Stranger Things at North Carolina Central

Less than 24 hours before today’s investiture of North Carolina Central University Chancellor Johnson Akinyele, news broke that a lawsuit had been filed against him and two members of the University of North Carolina System Board of Trustees by a former NCCU vice-president, alleging improper spending on a luxury SUV and being fired after raising concerns over an attempt to skirt procurement rules on a multi-million construction contract for student housing.

The lawsuit comes two years after Dr. Akinyele was named acting chancellor of the university, following the medical leave of absence and later death of former Chancellor Debra Saunders-White, who a year prior settled several lawsuits from former faculty and executive employees who accused her of discrimination and improper spending – two years after she was named chancellor.

One HBCU with two chancellors in less than five years, both facing charges of improper spending and wrongful treatment of employees. What are the odds?

In North Carolina, which like most states empowers its lawmakers and higher ed officials to work in concert to achieve political gains over public institutions, the odds are highly likely that this is more than a coincidence.

NC’s legislative-higher ed pairing has worked diligently to reduce the strengths of what used to be one of the nation’s best networks of higher education and has wrought particular havoc on its HBCUs. Since 2014, the system has appointed three chancellors at Elizabeth City State University, two without a search, and has taken over its executive cabinet despite the school being on track for a second consecutive year of enrollment increases before its new $500-per-semester tuition price tag takes effect this fall.

NCCU was among a handful of schools in the system to have its law center banned from helping poor and marginalized citizens receive legal counsel or litigation assistance.

North Carolina A&T’s campus was split down the middle into two voting districts, diminishing the Aggies’ voting bloc power based upon racial demographics.

There’s a reason that the New York Times profiled the state in 2013 as among the worst in the union on education, racial equity and social justice; and it’s not because its systems just don’t play fair.

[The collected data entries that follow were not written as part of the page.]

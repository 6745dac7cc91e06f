-- ===== src/Stresstally/Judge/Problems.antt =====
-- What the reports and the rows amount to: the totals of each arch, the problems of the case, the
-- tests that ran on one arch only, the warnings, and the report with its verdict.
use text.Mathlib.Text.{◌==◌ as str_eq}
use Prim.Native.String.{◌++◌ as ◌+++◌}
use probatorium.Base.{
  ℕ, ◌+◌, ltb, ◌==◌, if◌then◌else◌, ◌||◌, ◌&&◌, not, Bool, true, false, List, [], ◌∷◌, ◌++◌, String,
  is_nil, length, sum, count, join, contains, trim_prefix,
}
use probatorium.Stresstally.Judge.{
  status_complete, status_unparsed, status_missing, status_wrong_shape,
}
use probatorium.Stresstally.Judge.Shards.{ShardReport, TestRow}

abbrev pub problem_failures : String
problem_failures = "test-failures"

abbrev pub problem_unparsed : String
problem_unparsed = "unparsed-shards"

abbrev pub problem_missing : String
problem_missing = "missing-shards"

abbrev pub problem_wrong_shape : String
problem_wrong_shape = "wrong-shape-shards"

abbrev pub problem_nothing_ran : String
problem_nothing_ran = "nothing-ran"

abbrev pub problem_arch_gap : String
problem_arch_gap = "arch-gap"

pub record ArchTotal : Type 0 where
  pub arch : String
  pub shards : ℕ
  pub complete : ℕ
  pub unparsed : ℕ
  pub missing : ℕ
  pub wrong_shape : ℕ
  pub tests : ℕ
  pub pass : ℕ
  pub fail : ℕ
  pub skip : ℕ
  pub no_verdict : ℕ
  pub kernels : List String
  pub images : List String

-- How many shards of an arch have a status.
unfoldable pub with_status : String → String → List ShardReport → ℕ
with_status arch status shards = count (λ s. str_eq s.arch arch && str_eq s.status status) shards

add_distinct : String → List String → List String
add_distinct x xs = if not (str_eq x "") && not (contains x xs) then xs ++ x ∷ [] else xs

-- The different texts other than the empty one that the shards of an arch show, in their order.
distinct : (ShardReport → String) → String → List ShardReport → List String → List String
unfolding add_distinct
distinct f arch [] found = found
distinct f arch (s ∷ shards) found =
    distinct f arch shards (if str_eq s.arch arch then add_distinct (f s) found else found)

shards_of : String → List ShardReport → ℕ
shards_of arch shards = count (λ s. str_eq s.arch arch) shards

-- The sum of a count over the rows of an arch.
unfoldable pub on_arch : (TestRow → ℕ) → String → List TestRow → ℕ
on_arch f arch rows = sum (λ r. if str_eq r.arch arch then f r else 0) rows

unfoldable pub arch_total : String → List ShardReport → List TestRow → ArchTotal
unfolding with_status distinct shards_of on_arch
arch_total arch shards tests = record {
  arch = arch;
  shards = shards_of arch shards;
  complete = with_status arch status_complete shards;
  unparsed = with_status arch status_unparsed shards;
  missing = with_status arch status_missing shards;
  wrong_shape = with_status arch status_wrong_shape shards;
  tests = on_arch (λ r. 1) arch tests;
  pass = on_arch (λ r. r.pass) arch tests;
  fail = on_arch (λ r. r.fail) arch tests;
  skip = on_arch (λ r. r.skip) arch tests;
  no_verdict = on_arch (λ r. r.no_verdict) arch tests;
  kernels = distinct (λ s. s.kernel) arch shards [];
  images = distinct (λ s. s.image) arch shards [];
}

unfoldable pub add_if : Bool → String → List String → List String
add_if cond p problems = if cond && not (contains p problems) then problems ++ p ∷ [] else problems

unfoldable pub arch_problems : ArchTotal → List String → List String
unfolding add_if
arch_problems t problems = add_if (t.pass + t.fail == 0) problem_nothing_ran (
    add_if (ltb 0 t.wrong_shape) problem_wrong_shape (
      add_if (ltb 0 t.missing) problem_missing (
        add_if (ltb 0 t.unparsed) problem_unparsed
          (add_if (ltb 0 t.fail) problem_failures problems))))

-- The loop over the arches.
unfoldable pub total_arches : List String → List ShardReport → List TestRow → List ArchTotal
unfolding arch_total
total_arches [] shards tests = []
total_arches (arch ∷ arches) shards tests =
    arch_total arch shards tests ∷ total_arches arches shards tests

unfoldable pub find_problems : List ArchTotal → List String → List String
unfolding arch_problems
find_problems [] problems = problems
find_problems (t ∷ totals) problems = find_problems totals (arch_problems t problems)

unfoldable pub short_pkg : String → String
short_pkg p = trim_prefix p "github.com/goceleris/celeris/"

-- The tests in the order of their first rows.
unfoldable pub has_key : String → String → List (String × String) → Bool
has_key pkg name [] = false
has_key pkg name (k ∷ keys) = str_eq k.0 pkg && str_eq k.1 name || has_key pkg name keys

unfoldable pub test_order : List TestRow → List (String × String) → List (String × String)
unfolding has_key
test_order [] keys = keys
test_order (r ∷ rows) keys =
    test_order rows (if has_key r.pkg r.name keys then keys else keys ++ (r.pkg, r.name) ∷ [])

-- Was the test marked as run on the arch, by a row with a process?
unfoldable pub ran_on : List TestRow → String × String → String → Bool
ran_on [] k arch = false
ran_on (r ∷ rows) k arch =
    str_eq r.pkg k.0 && (str_eq r.name k.1 && (str_eq r.arch arch && ltb 0 r.processes))
    || ran_on rows k arch

-- The arches of the case on which the test ran, where `wanted` is true, or did not.
unfoldable pub split_arches : Bool → List TestRow → String × String → List String → List String
unfolding ran_on
split_arches wanted tests k [] = []
split_arches wanted tests k (a ∷ arches) =
    let rest = split_arches wanted tests k arches in
    if ran_on tests k a
    then (if wanted then a ∷ rest else rest)
    else if wanted
    then rest
    else a ∷ rest

gap_line : String × String → List String → List String → String
gap_line k on off =
    k.1
    +++ " ("
    +++ short_pkg k.0
    +++ ") reached a verdict on "
    +++ join ", " on
    +++ " and never on "
    +++ join ", " off

unfoldable pub gaps_of : List TestRow → List String → List (String × String) → List String
unfolding split_arches gap_line
gaps_of tests arches [] = []
gaps_of tests arches (k ∷ keys) =
    let rest = gaps_of tests arches keys in
    let on = split_arches true tests k arches in
    let off = split_arches false tests k arches in
    if not (is_nil on) && not (is_nil off) then gap_line k on off ∷ rest else rest

unfoldable pub arch_gaps : List TestRow → List String → List String
unfolding gaps_of test_order
arch_gaps tests arches =
    if ltb (length arches) 2 then [] else gaps_of tests arches (test_order tests [])
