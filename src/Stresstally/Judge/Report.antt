-- ===== src/Stresstally/Judge/Report.antt =====
-- The report of a case: the sorted rows, the warnings about the environments, the verdict, and
-- every way in which it differs from what the case expects.
use text.Mathlib.Text.{◌==◌ as str_eq}
use Prim.Native.Nat.{Ordering}
use Prim.Native.String.{◌++◌ as ◌+++◌, compare}
use probatorium.Base.{
  ltb, if◌then◌else◌, ◌&&◌, not, Bool, true, false, List, [], ◌∷◌, ◌++◌, String, is_nil, length,
  itoa, join, contains, trim_suffix, before_blank, str_lt, insertion_sort,
}
use probatorium.Stresstally.Judge.{Case, Failure}
use probatorium.Stresstally.Judge.Shards.{ShardReport, TestRow, State}
use probatorium.Stresstally.Judge.Problems.{
  ArchTotal, total_arches, find_problems, add_if, arch_gaps, problem_arch_gap,
}

-- The order of `slices.Sort` on texts.
unfoldable pub sort_strings : List String → List String
sort_strings xs = insertion_sort str_lt xs

arch_order : String → String
arch_order a = if str_eq a "x86" then "0" else "1" +++ a

-- `cmpStrings(…) < 0`: the first pair of texts that differ decides.
pairs_less : List (String × String) → Bool
pairs_less [] = false
pairs_less (p ∷ pairs) =
    let rest = pairs_less pairs in
    elim (compare p.0 p.1) [ Ordering.lt ↦ true | Ordering.eq ↦ rest | Ordering.gt ↦ false ]

pub row_less : TestRow → TestRow → Bool
unfolding arch_order pairs_less
row_less a b =
    pairs_less ((a.pkg, b.pkg) ∷ (a.name, b.name) ∷ (arch_order a.arch, arch_order b.arch) ∷ [])

os_release : String → String
os_release image = trim_suffix (trim_suffix (before_blank image) "-arm64") "-arm"

distinct_releases : List String → List String → List String
unfolding os_release
distinct_releases [] found = found
distinct_releases (im ∷ images) found =
    let r = os_release im in
    distinct_releases images (if contains r found then found else found ++ r ∷ [])

releases : List String → List String
unfolding distinct_releases sort_strings
releases images = sort_strings (distinct_releases images [])

unfoldable pub same_texts : List String → List String → Bool
same_texts [] [] = true
same_texts [] (y ∷ ys) = false
same_texts (x ∷ xs) [] = false
same_texts (x ∷ xs) (y ∷ ys) = str_eq x y && same_texts xs ys

within_warnings : List ArchTotal → List String
within_warnings [] = []
within_warnings (t ∷ totals) =
    (if ltb 1 (length t.kernels)
      then ("the "
          +++ t.arch
          +++ " shards ran on "
          +++ itoa (length t.kernels)
          +++ " kernels: "
          +++ join ", " t.kernels)
        ∷ []
      else [])
    ++ (if ltb 1 (length t.images)
        then ("the "
            +++ t.arch
            +++ " shards ran on "
            +++ itoa (length t.images)
            +++ " runner images: "
            +++ join ", " t.images)
          ∷ []
        else [])
    ++ within_warnings totals

two_arches : ArchTotal → List String → ArchTotal → List String → String
two_arches a xs b ys = a.arch +++ " " +++ join ", " xs +++ ", " +++ b.arch +++ " " +++ join ", " ys

pair_warnings : ArchTotal → ArchTotal → List String
unfolding two_arches releases same_texts sort_strings
pair_warnings a b =
    (if not (is_nil a.kernels)
        && (not (is_nil b.kernels)
            && not (same_texts (sort_strings a.kernels) (sort_strings b.kernels)))
      then ("kernel differs between the arches: "
          +++ two_arches a a.kernels b b.kernels
          +++ "; an arch difference may be a kernel difference")
        ∷ []
      else [])
    ++ (if not (is_nil (releases a.images))
          && (not (is_nil (releases b.images))
              && not (same_texts (releases a.images) (releases b.images)))
        then ("OS image differs between the arches: "
            +++ two_arches a a.images b b.images
            +++ "; an arch difference may be an image difference")
          ∷ []
        else [])

between_warnings : ArchTotal → List ArchTotal → List String
unfolding pair_warnings
between_warnings a [] = []
between_warnings a (b ∷ totals) = pair_warnings a b ++ between_warnings a totals

pub environment_warnings : List ArchTotal → List String
unfolding within_warnings between_warnings
environment_warnings [] = []
environment_warnings (t ∷ totals) = within_warnings (t ∷ totals) ++ between_warnings t totals

pub record CaseReport : Type 0 where
  pub case_name : String
  pub config : Case
  pub celeris_sha : String
  pub verdict : String
  pub problems : List String
  pub mismatches : List String
  pub arch_gaps : List String
  pub warnings : List String
  pub arches : List ArchTotal
  pub shards : List ShardReport
  pub tests : List TestRow
  pub failures : List Failure

unfoldable pub verdict_of : List String → String
verdict_of problems = if is_nil problems then "PASS" else "FAIL"

-- The report before it is compared with the expectation; the sort of the rows is the program's.
unfoldable pub report_of : Case → String → State → CaseReport
unfolding row_less environment_warnings verdict_of sort_strings
report_of c celeris_sha st =
    let tests = insertion_sort row_less st.rows in
    let totals = total_arches c.arches st.shards tests in
    let gaps = arch_gaps tests c.arches in
    let problems =
      sort_strings (add_if (not (is_nil gaps)) problem_arch_gap (find_problems totals [])) in
    record {
      case_name = c.name;
      config = c;
      celeris_sha = celeris_sha;
      verdict = verdict_of problems;
      problems = problems;
      mismatches = [];
      arch_gaps = gaps;
      warnings = environment_warnings totals;
      arches = totals;
      shards = st.shards;
      tests = tests;
      failures = st.failures;
    }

Forget this lawsuit and any other that’s been levied against NCCU; just look at the issues and the timing of when controversies pop-up at black colleges operating in state systems all over the country. Is it a coincidence that so many African Americans trained in state systems are being made presidents of the same black colleges the systems themselves are working to destroy? That HBCU stakeholders in a blue state have pushed Maryland to the brink of perhaps a billion-dollar payout to solve historic discrimination against black colleges?

Is it a coincidence when PWI presidents openly rally for an HBCU to hire a specific candidate? Or when HBCUs get audited and publicly reprimanded at greater rates than their predominantly white counterparts? Or when a system constructs a mega-university just miles away from an HBCU?

Maybe two chancellors at the same school getting hit with lawsuits from former employees for nearly the exact same reasons, almost the exact number of years after their separate arrivals is all a coincidence. But maybe it is in the best interest of HBCUs nationwide for alumni, students, faculty and supporters to at least pretend like there are no such things as coincidences.

Especially when predominantly white schools and their leaders don’t seem to have the same bad luck.